Only the lines of the data below from the one with "pub record AddTenant : Type 0 where" through the one with "pub record Onboarded : Type 0 where" are wanted. Repeat them exactly.

-------- The data --------

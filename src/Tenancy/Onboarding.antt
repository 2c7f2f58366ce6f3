-- ===== src/Tenancy/Onboarding.antt =====
-- The checks of `createTenant` of src/modules/tenancy/tenancy.service.ts; Create has the rest.
-- Dates are numbers of milliseconds, months and days counts; the texts of people and addresses are
-- left out. A joining date that is not a date is `none`.
pub mod Create
pub mod Dues
use text.Mathlib.Text.{◌==◌ as str_eq}
use pg_master_backend.Prelude.{
  ℕ, ◌+◌, ◌*◌, String, Bool, true, false, not, ◌&&◌, Option, none, some, List, [], ◌∷◌, ltb, leb,
  ◌==◌, if◌then◌else◌, includes,
}
use pg_master_backend.Calendar.{ms_per_day, utc_month, utc_full_year}
use pg_master_backend.Due.{ceil_rupee, ist_month, ist_year}
use pg_master_backend.Phone.{normalize_phone_number, phone_search_variants, is_one_of}
use pg_master_backend.Proration.{Prorated, calculate_prorated_rent, to_date_only, today_ist}
use pg_master_backend.Store.Rows.{Table, find_first, create, update_rows}
use pg_master_backend.Store.Requests.{MoveInStatus, MoveInTracker}
use pg_master_backend.Store.Metrics.{upsert}
use pg_master_backend.Store.Schema.{
  DueType, rent, security_deposit, unpaid, UserRole, TenancyStatus, active, notice_period, Due,
  Tenancy, Room, Property, User, TenentProfile, is_none,
}
use pg_master_backend.Store.World.{
  World, Fault, Result, err, Action, pure, throw, gets, or_throw, throw_if, modify, emit, ◌>>=◌,
  ◌>>◌, due_created, bad_date, too_far, bad_move_out, lock_in_too_long, email_taken, blocked_user,
  not_a_tenant, has_tenancy, property_not_found, access_denied, room_not_found, wrong_room,
  record_missing, room_full, duplicate_key,
}
use pg_master_backend.Tenancy.Notice.{parse_date_utc, is_owned}

pub record AddTenant : Type 0 where
  pub phone_number : List ℕ
  pub email : Option String
  pub property_id : ℕ
  pub room_id : ℕ
  pub joining_date : Option ℕ
  pub move_out_date : Option (List (Option ℕ))
  pub lock_in_period_in_months : Option ℕ
  pub agreement_period_in_months : Option ℕ
  pub rent_amount : ℕ
  pub security_deposit : ℕ
  pub rent_cycle_day : ℕ

-- What `createTenant` returns, but for texts.
pub record Onboarded : Type 0 where
  pub tenant_user_id : ℕ
  pub tenancy_id : ℕ
  pub rent_due_id : ℕ
  pub security_deposit_due_id : Option ℕ
  pub prorated_rent_amount : ℕ

-- `MAX_FUTURE_JOINING_DAYS`
abbrev pub max_future_joining_days : ℕ
max_future_joining_days = 90

abbrev check_move_out : Option (List (Option ℕ)) → ℕ → Action (Unit {0})
check_move_out none join_date = pure tt
check_move_out (some parts) join_date = do
  move_out ← or_throw (parse_date_utc parts) bad_move_out
  throw_if (leb move_out join_date) bad_move_out

-- `a && b && a > b`, of which a 0 counts as missing
abbrev exceeds : Option ℕ → Option ℕ → Bool
exceeds (some a) (some b) = not (b == 0) && ltb b a
exceeds _ _ = false

unfoldable pub validate_dates : ℕ → AddTenant → Action ℕ
validate_dates now dto = do
  joining ← or_throw dto.joining_date bad_date
  let join_date = to_date_only joining
  throw_if (ltb (today_ist now + max_future_joining_days * ms_per_day) join_date) too_far
  check_move_out dto.move_out_date join_date
  throw_if (exceeds dto.lock_in_period_in_months dto.agreement_period_in_months) lock_in_too_long
  pure join_date

abbrev pub has_email : String → User → Bool
has_email email u = elim u.email [ none ↦ false | some e ↦ str_eq e email ]

abbrev pub user_by_phone : List ℕ → World → Option User
user_by_phone phone w =
    find_first
      (λ (u : User). is_one_of (phone_search_variants phone) u.phone_number && is_none u.deleted_at)
      w.users.rows

abbrev pub user_by_email : Option String → World → Option User
user_by_email none w = none
user_by_email (some email) w =
    find_first (λ (u : User). has_email email u && is_none u.deleted_at) w.users.rows

abbrev is_tenant_role : UserRole → Bool
is_tenant_role UserRole.tenant = true
is_tenant_role _ = false

-- The tenancies that the query takes along with the user.
abbrev pub is_current_in : ℕ → ℕ → Tenancy → Bool
is_current_in user_id property_id t =
    t.tenent_id == user_id && (t.property_id == property_id && is_current t.tenancy_status)
  where
    is_current : TenancyStatus → Bool
    is_current active = true
    is_current notice_period = true
    is_current _ = false

-- `resolveUserfromPerFlight`: the id of the user that is there, or none for a new one. Every status
-- that the query lets through is one of `BLOCKING_TENANCY_STATUSES`.
unfoldable pub resolve_user : AddTenant → Option User → Option User → Action (Option ℕ)
resolve_user dto none conflict = do throw_if (not (is_none conflict)) email_taken; pure none
resolve_user dto (some user) conflict = do
  throw_if user.is_blocked_by_admin blocked_user
  throw_if (not (is_tenant_role user.role)) not_a_tenant
  blocking ← gets (λ w. find_first (is_current_in user.id dto.property_id) w.tenancies.rows)
  throw_if (not (is_none blocking)) has_tenancy
  pure (some user.id)

-- `diagnosePropertyRoomFailuer` throws whatever it finds.
unfoldable pub diagnose_property_room_failure : ℕ → ℕ → ℕ → World → Fault
diagnose_property_room_failure property_id room_id owner_id w =
    by_property (find_first (λ (p : Property). p.id == property_id) w.properties)
  where
    by_room : Option Room → Fault
    by_room none = room_not_found
    by_room (some r) = if r.property_id == property_id then record_missing else wrong_room

    by_property : Option Property → Fault
    by_property none = property_not_found
    by_property (some p) =
        if p.owner_id == owner_id
        then by_room (find_first (λ (r : Room). r.id == room_id) w.rooms.rows)
        else access_denied

abbrev pub owned_room : ℕ → ℕ → ℕ → World → Option Room
owned_room room_id property_id owner_id w =
    find_first
      (λ (r : Room).
        r.id == room_id && (r.property_id == property_id && is_owned owner_id r.property_id w))
      w.rooms.rows

unfoldable pub run_pre_flight_checks : AddTenant → ℕ → Action (Option ℕ)
run_pre_flight_checks dto owner_id = do
  existing ← gets (user_by_phone dto.phone_number)
  conflict ← gets (user_by_email dto.email)
  property_room ← gets (owned_room dto.room_id dto.property_id owner_id)
  reason ← gets (diagnose_property_room_failure dto.property_id dto.room_id owner_id)
  room ← or_throw property_room reason
  throw_if (leb room.total_beds room.occupied_beds) room_full
  resolve_user dto existing conflict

--------

Task solution:
pub record AddTenant : Type 0 where
  pub phone_number : List ℕ
  pub email : Option String
  pub property_id : ℕ
  pub room_id : ℕ
  pub joining_date : Option ℕ
  pub move_out_date : Option (List (Option ℕ))
  pub lock_in_period_in_months : Option ℕ
  pub agreement_period_in_months : Option ℕ
  pub rent_amount : ℕ
  pub security_deposit : ℕ
  pub rent_cycle_day : ℕ

-- What `createTenant` returns, but for texts.
pub record Onboarded : Type 0 where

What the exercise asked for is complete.